The kitchen of this people is built on an activeuse of marinades and spices. It is they that attach to such a common root crop as carrots, exotic taste and rich aroma. What kind of spices are used in this case? The composition of the seasoning for carrots in Korean, each varies according to their taste preferences. However, there are basic components that remain unchanged. It is coriander, red hot and black peppers, dry garlic. Of course, you can not do without salt. But a surprise for many will be that the composition of a mixture of spices is also sugar. In Asian cuisine it is believed that it is very advantageous to shade salt and spices. On packages of ready-made mixtures "Seasonings for Korean carrots" it can often be read that the composition also includes nutmeg, basil, chili, ginger, sesame seeds and turmeric.
Now we know what seasoning isfor carrots in Korean.
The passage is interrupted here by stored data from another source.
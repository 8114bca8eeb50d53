-- ===== src/Kaleidoscope/BufferReader.antt =====
-- apps/create_language/include/kaleidoscope/buffer_reader.hpp. `read` returns whether it read, the
-- variable afterwards, and the reader.
use communicate_between_proc.Prelude.{
  ℕ, ◌+◌, ◌-◌, ◌≤◌, ◌≡◌, Bool, true, false, List, arith, length, get_or, ◌==◌, if◌then◌else◌,
}

pub record BufferReader : Type 0 where
  pub buffer : List ℕ
  pub index : ℕ

unfoldable pub read : ℕ → BufferReader → Bool × ℕ × BufferReader
read value r =
    if r.index == length r.buffer
    then (false, value, r)
    else (true, get_or r.buffer r.index value, record r { index = r.index + 1 })

unfoldable pub empty : BufferReader → Bool
empty r = r.index == length r.buffer

unfoldable pub reset : BufferReader → BufferReader
reset r = record r { index = 0 }

-- How many characters are left.
abbrev pub remaining : BufferReader → ℕ
remaining r = length r.buffer - r.index

-- A reader made by the constructor, or moved on by `read`.
abbrev pub IsValid : BufferReader → Type 0
IsValid r = r.index ≤ length r.buffer

-- `read` gives the next character and moves on by one, and at the end changes nothing.
pub read_lem :
    (value : ℕ) {r : BufferReader}
    → IsValid r
    → let (done, value', r') = read value r in
      IsValid r'
      × (r'.buffer ≡ r.buffer)
      × (done ≡ true → remaining r ≡ remaining r' + 1)
      × (done ≡ false → (value' ≡ value) × (r' ≡ r) × (remaining r ≡ 0))
unfolding read
read_lem value v = ground arith
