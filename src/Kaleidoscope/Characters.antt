-- ===== src/Kaleidoscope/Characters.antt =====
-- The character classes of <ctype.h> in the C locale, which the lexer asks for.
use communicate_between_proc.Prelude.{ℕ, Bool, ◌&&◌, ◌||◌, leb, ◌==◌}

unfoldable pub is_space : ℕ → Bool
is_space c = c == 32 || leb 9 c && leb c 13

unfoldable pub is_digit : ℕ → Bool
is_digit c = leb b'0' c && leb c b'9'

unfoldable pub is_alpha : ℕ → Bool
is_alpha c = leb b'a' c && leb c b'z' || leb b'A' c && leb c b'Z'

unfoldable pub is_alnum : ℕ → Bool
unfolding is_alpha is_digit
is_alnum c = is_alpha c || is_digit c

-- EOF as the signed `char` of code -1.
abbrev pub eof_char : ℕ
eof_char = 255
Its composition is quite simple. But if we just combine black and red peppers, salt, sugar, garlic and coriander in a cup, we will not succeed. In order to prepare a delicious snack, it is necessary that the spices "open". And for this we need at least a blender. And not submerged, but powerful, with a tightly closing bowl.
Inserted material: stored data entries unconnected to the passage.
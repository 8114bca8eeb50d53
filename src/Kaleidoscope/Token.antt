-- ===== src/Kaleidoscope/Token.antt =====
-- apps/create_language/include/kaleidoscope/token.hpp and token_formatter.hpp. A character is its
-- code; EOF, which the program stores in a `char`, is 255 there (`char` is signed). `D` is `double`.
use communicate_between_proc.Prelude.{ℕ, Bool, true, false, List, [], ◌∷◌, ◌++◌, codes}

pub data Token (D : Type 0) : Type 0 where
  eof left_parenthesis right_parenthesis comma : Token D
  def extern : Token D
  identifier : List ℕ → Token D
  number : D → Token D
  unknown : ℕ → Token D
  less plus minus star : Token D

-- std::formatter<token_t>; how a number is formatted is the library's, a parameter.
unfoldable pub format : {D : Type 0} → (D → List ℕ) → Token D → List ℕ
format number_text eof = codes "[eof]"
format number_text left_parenthesis = codes "[left parenthesis]: " ++ codes "("
format number_text right_parenthesis = codes "[right parenthesis]: " ++ codes ")"
format number_text comma = codes "[comma]: " ++ codes ","
format number_text def = codes "[def]"
format number_text extern = codes "[extern]"
format number_text (identifier name) = codes "[identifier]: " ++ name
format number_text (number d) = codes "[number]: " ++ number_text d
format number_text (unknown c) = codes "[unknown]: " ++ (c ∷ [])
format number_text less = codes "[less]: " ++ codes "<"
format number_text plus = codes "[plus]: " ++ codes "+"
format number_text minus = codes "[minus]: " ++ codes "-"
format number_text star = codes "[star]: " ++ codes "*"

abbrev pub is_eof : {D : Type 0} → Token D → Bool
is_eof eof = true
is_eof _ = false

abbrev pub is_left_parenthesis : {D : Type 0} → Token D → Bool
is_left_parenthesis left_parenthesis = true
is_left_parenthesis _ = false

abbrev pub is_right_parenthesis : {D : Type 0} → Token D → Bool
is_right_parenthesis right_parenthesis = true
is_right_parenthesis _ = false

abbrev pub is_comma : {D : Type 0} → Token D → Bool
is_comma comma = true
is_comma _ = false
To ensure that the snack is authentic, with the sameunforgettable taste, carrots should be chopped in a special way, on a special grater. If there is not one, you need to cut the peeled root by hand, always with long strips, so that they absorb all the charm of the marinade. To prepare a snack, you will also need vinegar (9% and better wine - so the taste will turn piquant) and vegetable oil.
That the aroma of spices as it should be opened, incomposition of seasoning for carrots in Korean we include whole foods. That is, coriander (coriander) should be in grains. We will take garlic not granulated, but fine-grained denticles before use. For the mixture, we will use large table salt.
Needless to say, that the rest of the seasoningsare rubbed directly before use? But you can prepare a mixture of spices for future use. To do this, in the blender, first grind one and a half teaspoons of coriander seeds and one - salt. In the composition of the seasoning for carrots in Korean sharp must include a few pinch of chili pepper. After all has been ground, add half a spoonful of granulated sugar and two finely chopped cloves of garlic. Now it's the turn of the peppers. Add half a teaspoonful of black to the blender bowl and a burning red knife at the tip of the knife. You can pour a pinch of paprika. If desired, add other ingredients: basil, nutmeg, ginger, turmeric. On the fastest turns, it's all about three minutes. We let the dust settle and then we lift the lid. Transfer the contents into a dry jar. In the refrigerator seasoning can be stored for a long time.
Is best to prepare marinade and spicesjust before you put shredded carrots. No matter how tightly the jar is closed, the process of exhaustion of the fragrance still occurs. In the presence of carrots it will be easier to calculate the proportions of seasonings. So, one kilogram of root vegetables absorbs about thirty grams of spicy mixture.
The recipe for this dish is as simple as the formulaseasonings for carrots in Korean. Shink root, salt, add sugar and put under oppression. In an hour we squeeze straw. Add 2 tablespoons of vinegar to the carrot. We spread in the frying pan fifty grams of vegetable oil. Let's fry it on chopped garlic and onions. Spoon these vegetables - they gave the oil its fragrance and are no longer needed. Carrots are placed in a tightly closed container. We put the spices on the blender. Fill with hot oil. Cover and set at room temperature at night to insist. The dish you made will be tastier after a day of such aging.